She pats my back, smiling ruefully.
“What did you say?” I ask when I can breathe—or talk.
She shrugs. “I haven’t given him an answer.”
“Why not?”
“I was waiting to see if we survived the day.”
Fair.
I glance sideways at her. “Are you going to say yes?”
She shrugs, expression softening. “I don’t know. Maybe. He’s hot. And weirdly sweet for a guy with permanent murder face.”
I laugh. “He’s not that scary.”
“You’re right. I mean, out of that entire pack, he’s the least scary one. Mia, on the other hand…”
“Yeah.”
As if summoned, Mia appears in the doorway, arms crossed.
“If you tell him I said this, I’ll deny it with every breath in my body,” she says dryly. “But Dutch is one of the good ones.”
Andy smirks.
“And you’re not wrong. I’m definitely the scariest.”
With that, Mia disappears again like a cryptid.
Andy and I both share a look and then burst out laughing.
In the silence that follows, I get to just sit and eat my cake. It’s nice. Not relaxing, exactly, considering how many ways the world is currently on fire. But everyone I know is safe. Even Grey. Dutch texted me to let me know he’d made it to the house after a long run as his wolf. No sign of the darkness in him at all. So, for now, we’re all still ourselves.
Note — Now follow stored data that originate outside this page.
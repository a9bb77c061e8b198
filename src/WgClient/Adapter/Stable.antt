-- ===== src/WgClient/Adapter/Stable.antt =====
-- Properties of the state that every command keeps are kept by all of `open`.
use wg_wrapper.Base.{
  map, filter, ℕ, suc, ◌≡◌, refl, Bool, true, false, ◌&&◌, List, [], ◌∷◌, any, Option, none, some,
  if◌then◌else◌, bytes_eq, Result, ok, err,
}
use wg_wrapper.Addr.{IpAddr, v4, v6}
use wg_wrapper.Addr.Display.{display}
use wg_wrapper.IpNet.{NetOps, NetText}
use wg_wrapper.Text.{Text, codes, strip_prefix}
use wg_wrapper.Text.Pieces.{starts_with}
use wg_wrapper.WgClient.{ClientConfig}
use wg_wrapper.WgClient.Routes.{Routes, parse_routes}
use wg_wrapper.WgClient.Adapter.{
  Argv, OpenError, no_gateway, bad_half, Dev, Action, ok_or, done, return, continue, ◌>>=◌, ◌>>◌,
  set_dns, flush, Os, run, run_, run_undone, attempt,
}
use wg_wrapper.WgClient.Adapter.Commands.{nrpt_clear, powershell, metric_one_if}
use wg_wrapper.WgClient.Adapter.Open.{
  same_ip, pin_server, add_lan, add_dns_routes, is_default, halves, parts_of, add_part, add_parts,
  add_allowed, swallow_lan, block_half, add_routes, open_adapter, distinct,
}
use wg_wrapper.WgClient.Adapter.Setup.{
  is_ipv4, set_address, set_metrics, add_servers, nrpt_add, add_rule, configure_dns,
}
use wg_wrapper.WgClient.Adapter.Inverse.{inverse_of, is_flush}

module _ (P : Dev → Type 0) where
  pub record Stable {ℓ} {A : Type ℓ} (m : Action A) : Type 0 where
    pub kept : (d : Dev) → P d → P (m d).1

  continue-Stable {ℓ κ} :
      {A : Type ℓ} {B : Type κ} (next : A → Action B) (r : Result OpenError A × Dev)
      → ((a : A) → Stable (next a))
      → P r.1
      → P (continue next r).1
  continue-Stable next (err e, d) f h = h
  continue-Stable next (ok a, d) f h = (f a).kept d h

  Stable->>= {ℓ κ} :
      {A : Type ℓ} {B : Type κ} (m : Action A) (next : A → Action B)
      → Stable m
      → ((a : A) → Stable (next a))
      → Stable (m >>= next)
  Stable->>= m next k f = record { kept = λ d h. continue-Stable next (m d) f (k.kept d h) }

  ok_or-Stable {ℓ} : {A : Type ℓ} (o : Option A) (e : OpenError) → Stable (ok_or o e)
  ok_or-Stable none e = record { kept = λ d h. h }
  ok_or-Stable (some a) e = record { kept = λ d h. h }

  done-Stable : Stable done
  done-Stable = record { kept = λ d h. h }

  if-Stable {ℓ} :
      {A : Type ℓ} (b : Bool) (m n : Action A) → Stable m → Stable n → Stable (if b then m else n)
  if-Stable true m n h k = h
  if-Stable false m n h k = k

  module _ (os : Os) (flushes : (d : Dev) → P d → P ((run_ os flush >> set_dns) d).1)
      (runs : (c : Argv) (d : Dev)
        → inverse_of c ≡ none
        → is_flush c ≡ false
        → P d
        → P (run os c d).1)
      (undoes : (c undo : Argv) (d : Dev)
        → inverse_of c ≡ some undo
        → P d
        → P (run_undone os c undo d).1) where
    pub run-Stable : (c : Argv) → inverse_of c ≡ none → is_flush c ≡ false → Stable (run os c)
    run-Stable c e f = record { kept = λ d h. runs c d e f h }

    run_-Stable : (c : Argv) → inverse_of c ≡ none → is_flush c ≡ false → Stable (run_ os c)
    unfolding run_
    run_-Stable c e f =
        Stable->>= (run os c) (λ text. done) (run-Stable c e f) (λ text. done-Stable)

    pub run_undone-Stable :
        (c undo : Argv) → inverse_of c ≡ some undo → Stable (run_undone os c undo)
    run_undone-Stable c undo e = record { kept = λ d h. undoes c undo d e h }

    module _ (name : Text) (index : ℕ) where
      pub set_address-Stable :
          (ip mask : Text) (mtu : ℕ) → Stable (set_address os name index ip mask mtu)
      unfolding set_address is_flush inverse_of bytes_eq
      set_address-Stable ip mask mtu =
          Stable->>= _ _ (run_-Stable _ refl refl) (λ u. run_-Stable _ refl refl)

      pub set_metrics-Stable : Stable (set_metrics os name index)
      unfolding set_metrics inverse_of bytes_eq
      set_metrics-Stable =
          Stable->>= _ _ (run_undone-Stable _ _ refl) (λ u. run_undone-Stable _ _ refl)

      add_servers-Stable : (i : ℕ) (ds : List IpAddr) → Stable (add_servers os name index i ds)
      unfolding add_servers is_flush inverse_of bytes_eq
      add_servers-Stable i [] = done-Stable
      add_servers-Stable i (d ∷ ds) =
          Stable->>= _ _ (run_-Stable _ refl refl) (λ u. add_servers-Stable (suc i) ds)

      add_rule-Stable : (ss : List Text) → Stable (add_rule os name index ss)
      unfolding add_rule attempt is_flush inverse_of bytes_eq strip_prefix starts_with
      add_rule-Stable [] = done-Stable
      add_rule-Stable (s ∷ ss) = record {
        kept = λ d h.
            (run_undone-Stable (powershell (nrpt_add os name index (s ∷ ss)))
                (powershell nrpt_clear) refl).kept
              (attempt os (powershell nrpt_clear) d)
              ((run-Stable (powershell nrpt_clear) refl refl).kept d h);
      }

      pub configure_dns-Stable : (ds : List IpAddr) → Stable (configure_dns os name index ds)
      unfolding configure_dns is_flush inverse_of bytes_eq
      configure_dns-Stable [] = done-Stable
      configure_dns-Stable (d ∷ ds) = Stable->>= _ _ (run_-Stable _ refl refl) (λ u.
          Stable->>= _ _ (add_servers-Stable 2 ds) (λ u.
            Stable->>= (add_rule os name index (map display (filter is_ipv4 (d ∷ ds))))
              (λ u. run_ os flush >> set_dns) (add_rule-Stable _) (λ u. record { kept = flushes })))

      pub pin_server-Stable :
          (server gateway iface : Text) → Stable (pin_server os name index server gateway iface)
      unfolding pin_server inverse_of bytes_eq
      pin_server-Stable server gateway iface =
          Stable->>= _ _ (run_undone-Stable _ _ refl) (λ u. run_undone-Stable _ _ refl)

      pub add_lan-Stable :
          (ip : Text) (own own_mask : IpAddr) (lan : List (ℕ × ℕ))
          → Stable (add_lan os name index ip own own_mask lan)
      unfolding add_lan inverse_of bytes_eq metric_one_if
      add_lan-Stable ip own own_mask [] = done-Stable
      add_lan-Stable ip own own_mask ((dest, mask) ∷ lan) =
          if-Stable (same_ip (v4 dest) own && same_ip (v4 mask) own_mask) _ _
            (add_lan-Stable ip own own_mask lan)
            (Stable->>= _ _ (run_undone-Stable _ _ refl) (λ u. add_lan-Stable ip own own_mask lan))

      pub add_dns_routes-Stable :
          (ip : Text) (ds : List IpAddr) → Stable (add_dns_routes os name index ip ds)
      unfolding add_dns_routes inverse_of bytes_eq metric_one_if
      add_dns_routes-Stable ip [] = done-Stable
      add_dns_routes-Stable ip (v4 a ∷ ds) =
          Stable->>= _ _ (run_undone-Stable _ _ refl) (λ u. add_dns_routes-Stable ip ds)
      add_dns_routes-Stable ip (v6 a ∷ ds) =
          Stable->>= _ _ (run_undone-Stable _ _ refl) (λ u. add_dns_routes-Stable ip ds)

      module _ (ops : NetOps) (cidr : NetText ops) where
        open ops use {Net, addr, prefix_len}

        halves-Stable :
            (n : Net) (low high : Option Net) → Stable (halves os name index ops cidr n low high)
        halves-Stable n (some low) (some high) = record { kept = λ d h. h }
        halves-Stable n (some low) none = record { kept = λ d h. h }
        halves-Stable n none high = record { kept = λ d h. h }

        pub parts_of-Stable : (n : Net) → Stable (parts_of os name index ops cidr n)
        unfolding parts_of
        parts_of-Stable n =
            if-Stable (is_default os name index ops cidr n)
              (halves os name index ops cidr n (cidr.parse (codes "0.0.0.0/1"))
                (cidr.parse (codes "128.0.0.0/1")))
              (return (n ∷ []))
              (halves-Stable n (cidr.parse (codes "0.0.0.0/1")) (cidr.parse (codes "128.0.0.0/1")))
              (record { kept = λ d h. h })

        pub add_part-Stable :
            (ip : Text) (n : Net) (a : IpAddr) → Stable (add_part os name index ops cidr ip n a)
        unfolding add_part inverse_of bytes_eq metric_one_if
        add_part-Stable ip n (v4 a) = run_undone-Stable _ _ refl
        add_part-Stable ip n (v6 a) = run_undone-Stable _ _ refl

        pub add_parts-Stable :
            (ip : Text) (ns : List Net) → Stable (add_parts os name index ops cidr ip ns)
        unfolding add_parts
        add_parts-Stable ip [] = done-Stable
        add_parts-Stable ip (n ∷ ns) =
            Stable->>= _ _ (add_part-Stable ip n (addr n)) (λ u. add_parts-Stable ip ns)

        pub add_allowed-Stable :
            (ip : Text) (ns : List Net) → Stable (add_allowed os name index ops cidr ip ns)
        unfolding add_allowed
        add_allowed-Stable ip [] = done-Stable
        add_allowed-Stable ip (n ∷ ns) =
            Stable->>= _ _ (parts_of-Stable n)
              (λ parts. Stable->>= _ _ (add_parts-Stable ip parts) (λ u. add_allowed-Stable ip ns))

        pub block_half-Stable :
            (allowed : List Net) (half : Text)
            → Stable (block_half os name index ops cidr allowed half)
        unfolding block_half inverse_of bytes_eq
        block_half-Stable allowed half = Stable->>= _ _ (ok_or-Stable _ bad_half) (λ net.
            if-Stable (any (cidr.equal net) allowed) _ _ done-Stable (run_undone-Stable _ _ refl))

        pub swallow_lan-Stable :
            (ip : Text) (address : Net) (allowed : List Net) (lan : List (ℕ × ℕ))
            → Stable (swallow_lan os name index ops cidr ip address allowed lan)
        unfolding swallow_lan
        swallow_lan-Stable ip address allowed lan =
            if-Stable (any (is_default os name index ops cidr) allowed) _ _
              (add_lan-Stable ip (cidr.network address) (cidr.netmask address) lan) done-Stable

        add_routes-Stable :
            (cfg : ClientConfig Net) (server : IpAddr) (routes : Routes)
            → Stable (add_routes os name index ops cidr cfg server routes)
        unfolding add_routes
        add_routes-Stable cfg server routes =
            Stable->>= _ _ (ok_or-Stable routes.default no_gateway) (λ (gateway, iface).
              Stable->>= _ _ (pin_server-Stable _ _ _) (λ u.
                Stable->>= _ _ (add_allowed-Stable _ _) (λ u.
                  Stable->>= _ _
                    (swallow_lan-Stable (display (addr cfg.address)) cfg.address cfg.allowed_ips
                      routes.lan)
                    (λ u. Stable->>= _ _ (block_half-Stable cfg.allowed_ips (codes "::/1")) (λ u.
                      Stable->>= _ _ (block_half-Stable cfg.allowed_ips (codes "8000::/1")) (λ u.
                        add_dns_routes-Stable (display (addr cfg.address))
                          (distinct [] cfg.dns)))))))

        pub open_adapter-Stable :
            (cfg : ClientConfig Net) (server : IpAddr)
            → Stable (open_adapter os name index ops cidr cfg server)
        unfolding open_adapter is_flush inverse_of bytes_eq
        open_adapter-Stable cfg server =
            Stable->>= _ _
              (set_address-Stable (display (addr cfg.address)) (display (cidr.netmask cfg.address))
                cfg.mtu)
              (λ u. Stable->>= _ _ set_metrics-Stable (λ u.
                Stable->>= _ _ (configure_dns-Stable cfg.dns) (λ u.
                  Stable->>= _ _
                    (run-Stable (codes "route" ∷ codes "print" ∷ codes "-4" ∷ []) refl refl)
                    (λ text. add_routes-Stable cfg server (parse_routes text)))))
Andy leans back in her chair, head tilted toward the darkening sky. “I don’t know what we’re building here, Lexi. But it’s starting to feel like something good.”
24
GREY
The second I walk away from the crowd at the gate, something snaps loose in my chest. Not like a clean break. More like threads tearing from the inside out, unraveling everything I’ve been holding together with gritted teeth and willpower. I don’t bother with cars or keys. Instead, I head for the woods.
The moment I’m moving, my wolf claws at my skin, desperate to shift. To run. Tomovein some way that lets him out—and lets the pain out with him. Somehow, I know this is the only way to avoid the darkness taking me over, to let my wolf have full control over me, mind and body.
I shift quickly. The force of it is hard, brutal. The kind of shift that hurts more than it should. Muscles tear, bones snap, and the air splits around me as my wolf takes over and launches into the woods.
And I run.
The wind roars past my ears. Trees blur past, and earth churns beneath my paws. My wolf howls—high and wild and feral. Not because he’s angry.
Because he’s scared.
We’re not right. Haven’t been since Franco. The power I took from him is still inside me like rusted iron—corroding everything.
I don’t know how to fix it.
I don’t even know if it can be fixed.